The health and safety of Indonesians is a top priority for President Widodo. He aims to do this, in part, through the war on drugs. In an interview with CNN's Christiane Amanpour, Widodo claimed the executions were justified because 50 Indonesians die every day, or 18,000 a year, because of narcotics.

However, in an open letter to The Lancet, a group of leading Indonesian health experts and academics expressed "serious concerns" about the validity of Widodo's estimates. The Lancet letter notes that the lack of transparency and questionable methods behind Widodo's data calls the rational for his punitive policies into question. According to Professor Irwanto, HIV researcher, "...we need to make sure that national policies are based on evidence that is thoroughly peer-reviewed and transparent."

The letter to The Lancet called upon the government to expand evidence-based interventions, such as opioid substitution therapy, needle-and-syringe programs, and rehabilitation programs based on science. In fact, Widodo's extreme penalties connected to drugs are more likely to be a cause of drug related deaths, as those at risk are too afraid to seek care and are thus made more vulnerable. According to Dr. Ignatius Praptoraharjo, at Gadjah Mada University, "Our limited funds are instead being used to bolster fear-based approaches, which effectively drive people in need further away from health programs."

If Widodo is truly committed to preventing premature death he should also turn his sites on the tobacco industry. According to the World Health Organization (WHO), smoking claims around 425,000 Indonesian lives a year and is responsible for nearly a quarter of all deaths annually.
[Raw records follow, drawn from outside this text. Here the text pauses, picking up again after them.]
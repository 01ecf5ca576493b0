-- ===== src/Memory/Inside.antt =====
-- `set_extent` where the pages are inside an extent, which is cut in two or three.
use xivix.Base.{
  ℕ, ◌+◌, ◌-◌, ◌*◌, ◌/◌, ◌≤◌, ◌<◌, ◌≡◌, refl, ◌==◌, length, arith, ◌≢◌, Bool-cases, inl, inr, ap,
  ◌∙◌, length-set,
}
use xivix.Base.Word.{u32, u64}
use xivix.Memory.{Extent, PageAllocator, extent_at, set_extent_at, add_extent, cut, split_inside}
use xivix.Memory.Cover.{stop, cover, cover_sum, cover_sum-set}
use xivix.Memory.Table.{Fits, IsExtent, Extents, Extents-set, Disjoint, empties, empties-set}
use xivix.Memory.Add.{
  fresh, add_extent-Added, Added-sum, Added-Extents, Added-length, Added-empties, Added-keeps,
}
use xivix.Memory.Replace.{Holds, Placed, at, fits, cover-inside, balance_sum}

-- The rest of the extent, which may be empty.
module _ (b l f i : ℕ) (s : PageAllocator) (all : Extents s.extents) (room : 0 < empties s.extents)
    (kind : f ≢ 0) (new : 0 < l → IsExtent (fresh b l f)) (used : (extent_at s i).flags ≢ 0)
    (apart : 0 < l → stop (extent_at s i) ≢ b) where
  record Extended (s' : PageAllocator) : Type 0 where
    pub sum :
        (w : ℕ → ℕ) (a : ℕ)
        → w 0 ≡ 0
        → cover_sum w a s'.extents ≡ cover_sum w a s.extents + cover w a (fresh b l f)
    pub extents : Extents s'.extents
    pub size : length s'.extents ≡ length s.extents
    pub keeps : extent_at s' i ≡ extent_at s i
    pub left : empties s.extents ≤ empties s'.extents + 1

  nothing_covers : (w : ℕ → ℕ) (a : ℕ) → l ≡ 0 → cover w a (fresh b l f) ≡ 0
  unfolding cover
  nothing_covers w a empty = ground (arith, empty)

  add_nothing : l ≡ 0 → add_extent b l f s ≡ s
  unfolding add_extent
  add_nothing empty = ground (arith, empty)

  add_extent-Extended : Extended (add_extent b l f s)
  add_extent-Extended = elim (Bool-cases (l == 0)) [
    | inl empty ↦
        let zero_pages : l ≡ 0 = ground arith in
        rw (add_nothing zero_pages) (record {
          sum = λ w a z. omega (arith, nothing_covers w a zero_pages);
          extents = all;
          size = refl;
          keeps = refl;
          left = omega arith;
        })
    | inr pages ↦
        let pos : 0 < l = ground arith in
        let added = add_extent-Added b l f s all room (new pos) kind pos in
        record {
          sum = Added-sum added;
          extents = Added-Extents added all;
          size = Added-length added;
          keeps = Added-keeps added i used (apart pos);
          left = Added-empties added;
        }
  ]

module _ (b l f : ℕ) (s : PageAllocator) (i : ℕ) (all : Extents s.extents)
    (disjoint : Disjoint s.extents) (holds : Holds b l (extent_at s i))
    (new : IsExtent (fresh b l f)) (kind : f ≢ 0) (later : b ≢ (extent_at s i).base)
    (room : 1 < empties s.extents) where
  p-Fits : Fits (extent_at s i)
  p-Fits = fits b l f s i all disjoint holds new kind

  new-Fits : Fits (fresh b l f)
  new-Fits = new.1 kind

  -- The pages before the new ones, and those after.
  before : ℕ
  before = (b - (extent_at s i).base) / 0x1000

  after : ℕ
  after = (extent_at s i).length - (l + (b - (extent_at s i).base) / 0x1000)

  first : PageAllocator
  first = add_extent b l f s

  first-Extended :
      Extended b l f i s all
        (omega arith)
        kind
        (λ _. new)
        holds.0
        (λ _ e. absurd (omega arith))
        first
  unfolding first
  first-Extended =
      add_extent-Extended b l f i s all (omega arith) kind (λ _. new) holds.0
        (λ _ e. absurd (omega arith))

  after_valid : 0 < after → IsExtent (fresh (b + l * 0x1000) after (extent_at s i).flags)
  unfolding after
  after_valid pos =
      ground (arith, p-Fits, new-Fits, holds, all i (at b l f s i all disjoint holds new kind))

  -- The middle of the extent gets the new use.
  second : PageAllocator
  second = add_extent (b + l * 0x1000) after (extent_at s i).flags first

  cut_valid : IsExtent (record (extent_at s i) { length = before })
  unfolding before
  cut_valid =
      ground
        (arith, p-Fits, new-Fits, holds, later, all i (at b l f s i all disjoint holds new kind))

  split_parts :
      split_inside b l f i s
      ≡ cut before i (add_extent (b + l * 0x1000) after (extent_at s i).flags (add_extent b l f s))
  unfolding split_inside before after first
  split_parts =
      let p = extent_at s i in
      let m : ℕ = (b - p.base) / 0x1000 in
      let inner : l + m ≤ p.length = omega (arith, p-Fits, new-Fits, holds.1, holds.2) in
      let e1 : u32 (l * 0x1000) ≡ l * 0x1000 = omega (arith, new-Fits.2) in
      let e2 : u64 (b + l * 0x1000) ≡ b + l * 0x1000 = omega (arith, new-Fits.2) in
      let e3 : u32 (p.length + 0x1_0000_0000_0000_0000 - (l + m)) ≡ p.length - (l + m) =
        omega (arith, p-Fits.2, inner) in
      let e4 : u32 m ≡ m = omega (arith, p-Fits.2, inner) in
      let kept : extent_at (add_extent b l f s) i ≡ p = first-Extended.keeps in
      rw (kept, e1, e2, e3, e4) refl

  pub split_inside-Placed : Placed b l f s (split_inside b l f i s)
  unfolding cut before after first second
  split_inside-Placed =
      let p = extent_at s i in
      let here = at b l f s i all disjoint holds new kind in
      let e1 = first-Extended in
      let more : 0 < empties first.extents = omega (arith, e1.left, room) in
      let used : (extent_at first i).flags ≢ 0 = rw e1.keeps holds.0 in
      let far : 0 < after → stop (extent_at first i) ≢ b + l * 0x1000 =
        rw e1.keeps (λ pos e. absurd (omega (arith, p-Fits, new-Fits, holds, later, e, pos))) in
      let e2 =
        add_extent-Extended (b + l * 0x1000) after p.flags i first e1.extents more holds.0
          after_valid used far in
      let within : i < length second.extents = omega (arith, e2.size, e1.size, here) in
      let same : extent_at second i ≡ p = e2.keeps ∙ e1.keeps in
      let part : Extent = record p { length = before } in
      rw (split_parts, same)
        (record {
          sum = λ w a z.
              balance_sum b l f s (set_extent_at i part second) i disjoint here holds w a z (
                omega (
                  arith,
                  cover_sum-set w a second.extents i part within,
                  ap (cover w a) same,
                  cover-inside b l f p p-Fits new-Fits holds w a,
                  e2.sum w a z,
                  e1.sum w a z,
                ));
          all = Extents-set second.extents i part e2.extents cut_valid;
          size = length-set second.extents i part ∙ e2.size ∙ e1.size;
          left = ground (
            arith,
            empties-set second.extents i part within,
            ap (λ q. q.flags) same,
            holds.0,
            e1.left,
            e2.left,
          );
        })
Widodo's reliance on questionable data and extreme policies that fly in the face of evidence-based methods for reducing the harms of drugs calls into question his stated justification for executing non-violent drug offenders.

Even the international drug control treaties do not offer Widodo justification for his policies. In his analysis of these treaties, Dr. Rick Lines, Chair of the International Centre on Human Rights and Drug Policy, argues that the vast majority of drug crimes, by definition, are not serious enough to warrant the death penalty. In Indonesia, according to Lines, "...the types of courier offences for which the recent executions took place fall below the 'particularly serious' category under Article 3 (of the 1988 Convention against the Illicit Traffic in Narcotic Drugs and Psychotropic Substances). Executions taking place in such circumstances are violations of international law, a fact made irrefutable by the clear hierarchy of drug offences contained in Article 3."

The outrage expressed by Australia, Brazil, France, the Netherlands, Nigeria, and others against the executions is well founded and not insignificant, but it is not enough. Any government that is serious about stopping the death penalty for drug crimes needs to do much more than recall their ambassadors. For these deaths to be meaningful, all of these governments and others must revisit their own drug policies as well as their political and financial support for the international drugs regime. All of the countries that protested the executions are signatories of the outdated international drug conventions.

More telling than the condemnation was the silence. Quick to criticize Jamaica's new legislation decriminalizing marijuana for specific uses, William R Brownfield, assistant secretary of the U.S. Bureau of International Narcotics and Law Enforcement Affairs (INL), has said nothing about the executions in Indonesia.

The International Narcotics Control Board (INCB), which considers itself a guardian of drugs conventions, was also silent on the matter of the Indonesian executions. Though it has encouraged states to consider abolishing the death penalty for drug-related offences, the INCB allows that, "... the determination of specific sanctions applicable to drug-related offences remains the prerogative of the State Parties." Basically its leaves the door open to punish as you will.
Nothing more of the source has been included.